Task item ▸
Nothing in the records may be left out; restate them word for word.

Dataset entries
____

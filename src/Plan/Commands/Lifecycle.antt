-- ===== src/Plan/Commands/Lifecycle.antt =====
-- What the accepted transitions of a command add up to, and what the reconciler is asked for.
use go_agent.Prelude.{
  key_eq, key_iff, true, false, ◌||◌, List, [], ◌∷◌, ◌++◌, none, ok, ok_injective, All, All-append,
  subst, ◌≡◌, refl, sym, ◌∙◌, ap, arith, Bool-cases, inl, inr,
}
use go_agent.Prelude.Dict.{Dict, keys, put, has}
use go_agent.Prelude.Members.{contains, Distinct, has-contains, contains_snoc, Distinct-snoc}
use go_agent.Plan.Commands.Status.{
  PlanCommandStatus, PlanCommandScope, status_key, is_recoverable, recoverable_loop,
  recoverable_plan_command_statuses, validate_plan_command_status,
  validate_plan_command_status_transition,
}

-- The statuses that a sequence of accepted transitions reaches.
pub data Reach : PlanCommandStatus → PlanCommandStatus → Type 0 where
  start : (s : PlanCommandStatus) → Reach s s
  move :
      (a b c : PlanCommandStatus)
      → Reach a b
      → validate_plan_command_status_transition b c ≡ none
      → Reach a c

move-delivered :
    (b c : PlanCommandStatus)
    → validate_plan_command_status_transition b c ≡ none
    → b ≡ PlanCommandStatus.delivered
    → c ≡ PlanCommandStatus.delivered
unfolding validate_plan_command_status_transition validate_plan_command_status
move-delivered b c h delivered = ground arith

move-pending :
    (b c : PlanCommandStatus)
    → validate_plan_command_status_transition b c ≡ none
    → c ≡ PlanCommandStatus.pending
    → b ≡ PlanCommandStatus.pending
unfolding validate_plan_command_status_transition validate_plan_command_status
move-pending b c h pending = ground arith

-- No sequence of accepted transitions leads a delivered command to another status, and none leads
-- a command of another status to pending.
pub Reach-final :
    {a b : PlanCommandStatus}
    → Reach a b
    → (a ≡ PlanCommandStatus.delivered → b ≡ PlanCommandStatus.delivered)
      × (b ≡ PlanCommandStatus.pending → a ≡ PlanCommandStatus.pending)
Reach-final (Reach.start s) = (λ h. h, λ h. h)
Reach-final (Reach.move a b c r h) =
    let earlier = Reach-final r in
    (
      λ delivered. move-delivered b c h (earlier.0 delivered),
      λ pending. earlier.1 (move-pending b c h pending),
    )

keys_snoc :
    (k : PlanCommandStatus) (seen : Dict {0, 0} PlanCommandStatus Unit)
    → has k seen ≡ false
    → keys (put k tt seen) ≡ keys seen ++ k ∷ []
unfolding put has
keys_snoc k [] new = refl
keys_snoc k ((j, v) ∷ seen) new = elim (Bool-cases (key_eq j k)) [
  | inl same ↦ cc (rw same at new)
  | inr other ↦ rw other (ap (λ l. j ∷ l) (keys_snoc k seen (rw other at new)))
]

-- What the loop has kept after the rest of the statuses.
Kept : List PlanCommandStatus → List PlanCommandStatus → List PlanCommandStatus → Type 0
Kept kept rest found =
    Distinct found
    × All (λ status. is_recoverable status ≡ true) found
    × ((k : PlanCommandStatus) → contains k found ≡ (contains k kept || contains k rest))

recoverable_loop-Kept :
    (kept : List PlanCommandStatus) (seen : Dict {0, 0} PlanCommandStatus Unit)
    (rest : List PlanCommandStatus) {found : List PlanCommandStatus}
    → keys seen ≡ kept
    → Distinct kept
    → All (λ status. is_recoverable status ≡ true) kept
    → recoverable_loop kept seen rest ≡ ok found
    → Kept kept rest found
unfolding recoverable_loop Kept contains
recoverable_loop-Kept kept seen [] {found = found} same distinct good h =
    let reached = ok_injective kept found h in
    (
      subst Distinct reached distinct,
      subst (All (λ status. is_recoverable status ≡ true)) reached good,
      λ k. sym (ap (contains k) reached) ∙ ground arith,
    )
recoverable_loop-Kept kept seen (status ∷ rest) same distinct good h =
    let recoverable : is_recoverable status ≡ true = ground arith in
    let known : has status seen ≡ contains status kept =
      has-contains status seen ∙ ap (contains status) same in
    elim (Bool-cases (has status seen)) [
      | inl before ↦
          let later =
            recoverable_loop-Kept kept seen rest same distinct good
              (rw (recoverable, before) at h) in
          (later.0, later.1, λ k. ground (arith, later.2 k, key_iff status k, known))
      | inr new ↦
          let absent = sym known ∙ new in
          let later =
            recoverable_loop-Kept (kept ++ status ∷ []) (put status tt seen) rest
              (keys_snoc status seen new ∙ ap (λ l. l ++ status ∷ []) same)
              (Distinct-snoc status kept absent distinct)
              (All-append (λ s. is_recoverable s ≡ true) kept (status ∷ []) good (recoverable, tt))
              (rw (recoverable, new) at h) in
          (later.0, later.1, λ k. later.2 k ∙ ground (arith, contains_snoc k status kept))
    ]

-- The statuses that the reconciler is asked for, where a query names some: those that the query
-- names, each once, and only pending and failed ones.
pub recoverable_lem :
    (scope : PlanCommandScope) (status : PlanCommandStatus) (rest : List PlanCommandStatus)
    {found : List PlanCommandStatus}
    → scope.statuses ≡ status ∷ rest
    → recoverable_plan_command_statuses scope ≡ ok found
    → Distinct found
      × All (λ status. is_recoverable status ≡ true) found
      × ((k : PlanCommandStatus) → contains k found ≡ contains k scope.statuses)
unfolding recoverable_plan_command_statuses Kept contains
recoverable_lem scope status rest {found = found} named h =
    let looped : recoverable_loop [] [] (status ∷ rest) ≡ ok found = ground arith in
    let facts = recoverable_loop-Kept [] [] (status ∷ rest) refl tt tt looped in
    (facts.0, facts.1, λ k. facts.2 k ∙ sym (ap (contains k) named))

____

Task result ▸
filename src/Plan/Commands/Lifecycle.antt
-- ===== src/Plan/Commands/Lifecycle.antt =====
-- What the accepted transitions of a command add up to, and what the reconciler is asked for.
use go_agent.Prelude.{
  key_eq, key_iff, true, false, ◌||◌, List, [], ◌∷◌, ◌++◌, none, ok, ok_injective, All, All-append,
  subst, ◌≡◌, refl, sym, ◌∙◌, ap, arith, Bool-cases, inl, inr,
}
use go_agent.Prelude.Dict.{Dict, keys, put, has}
use go_agent.Prelude.Members.{contains, Distinct, has-contains, contains_snoc, Distinct-snoc}
use go_agent.Plan.Commands.Status.{
  PlanCommandStatus, PlanCommandScope, status_key, is_recoverable, recoverable_loop,
  recoverable_plan_command_statuses, validate_plan_command_status,
  validate_plan_command_status_transition,
}

-- The statuses that a sequence of accepted transitions reaches.
pub data Reach : PlanCommandStatus → PlanCommandStatus → Type 0 where
  start : (s : PlanCommandStatus) → Reach s s
  move :
      (a b c : PlanCommandStatus)
      → Reach a b
      → validate_plan_command_status_transition b c ≡ none
      → Reach a c

move-delivered :
    (b c : PlanCommandStatus)
    → validate_plan_command_status_transition b c ≡ none
    → b ≡ PlanCommandStatus.delivered
    → c ≡ PlanCommandStatus.delivered
unfolding validate_plan_command_status_transition validate_plan_command_status
move-delivered b c h delivered = ground arith

move-pending :
    (b c : PlanCommandStatus)
    → validate_plan_command_status_transition b c ≡ none
    → c ≡ PlanCommandStatus.pending
    → b ≡ PlanCommandStatus.pending
unfolding validate_plan_command_status_transition validate_plan_command_status
move-pending b c h pending = ground arith

-- No sequence of accepted transitions leads a delivered command to another status, and none leads
-- a command of another status to pending.
pub Reach-final :
    {a b : PlanCommandStatus}
    → Reach a b
    → (a ≡ PlanCommandStatus.delivered → b ≡ PlanCommandStatus.delivered)
      × (b ≡ PlanCommandStatus.pending → a ≡ PlanCommandStatus.pending)
Reach-final (Reach.start s) = (λ h. h, λ h. h)
Reach-final (Reach.move a b c r h) =
    let earlier = Reach-final r in
    (
      λ delivered. move-delivered b c h (earlier.0 delivered),
      λ pending. earlier.1 (move-pending b c h pending),
    )

keys_snoc :
    (k : PlanCommandStatus) (seen : Dict {0, 0} PlanCommandStatus Unit)
    → has k seen ≡ false
    → keys (put k tt seen) ≡ keys seen ++ k ∷ []
unfolding put has
keys_snoc k [] new = refl
keys_snoc k ((j, v) ∷ seen) new = elim (Bool-cases (key_eq j k)) [
  | inl same ↦ cc (rw same at new)
  | inr other ↦ rw other (ap (λ l. j ∷ l) (keys_snoc k seen (rw other at new)))
]

-- What the loop has kept after the rest of the statuses.
Kept : List PlanCommandStatus → List PlanCommandStatus → List PlanCommandStatus → Type 0
Kept kept rest found =
    Distinct found
    × All (λ status. is_recoverable status ≡ true) found
    × ((k : PlanCommandStatus) → contains k found ≡ (contains k kept || contains k rest))

recoverable_loop-Kept :
    (kept : List PlanCommandStatus) (seen : Dict {0, 0} PlanCommandStatus Unit)
    (rest : List PlanCommandStatus) {found : List PlanCommandStatus}
    → keys seen ≡ kept
    → Distinct kept
    → All (λ status. is_recoverable status ≡ true) kept
    → recoverable_loop kept seen rest ≡ ok found
    → Kept kept rest found
unfolding recoverable_loop Kept contains
recoverable_loop-Kept kept seen [] {found = found} same distinct good h =
    let reached = ok_injective kept found h in
    (
      subst Distinct reached distinct,
      subst (All (λ status. is_recoverable status ≡ true)) reached good,
      λ k. sym (ap (contains k) reached) ∙ ground arith,
    )
recoverable_loop-Kept kept seen (status ∷ rest) same distinct good h =
    let recoverable : is_recoverable status ≡ true = ground arith in
    let known : has status seen ≡ contains status kept =
      has-contains status seen ∙ ap (contains status) same in
    elim (Bool-cases (has status seen)) [
      | inl before ↦
          let later =
            recoverable_loop-Kept kept seen rest same distinct good
              (rw (recoverable, before) at h) in
          (later.0, later.1, λ k. ground (arith, later.2 k, key_iff status k, known))
      | inr new ↦
          let absent = sym known ∙ new in
          let later =
            recoverable_loop-Kept (kept ++ status ∷ []) (put status tt seen) rest
              (keys_snoc status seen new ∙ ap (λ l. l ++ status ∷ []) same)
              (Distinct-snoc status kept absent distinct)
              (All-append (λ s. is_recoverable s ≡ true) kept (status ∷ []) good (recoverable, tt))
              (rw (recoverable, new) at h) in
          (later.0, later.1, λ k. later.2 k ∙ ground (arith, contains_snoc k status kept))
    ]

-- The statuses that the reconciler is asked for, where a query names some: those that the query
-- names, each once, and only pending and failed ones.
pub recoverable_lem :
    (scope : PlanCommandScope) (status : PlanCommandStatus) (rest : List PlanCommandStatus)
    {found : List PlanCommandStatus}
    → scope.statuses ≡ status ∷ rest
    → recoverable_plan_command_statuses scope ≡ ok found
    → Distinct found
      × All (λ status. is_recoverable status ≡ true) found
      × ((k : PlanCommandStatus) → contains k found ≡ contains k scope.statuses)
unfolding recoverable_plan_command_statuses Kept contains
recoverable_lem scope status rest {found = found} named h =
    let looped : recoverable_loop [] [] (status ∷ rest) ≡ ok found = ground arith in
    let facts = recoverable_loop-Kept [] [] (status ∷ rest) refl tt tt looped in
    (facts.0, facts.1, λ k. facts.2 k ∙ sym (ap (contains k) named))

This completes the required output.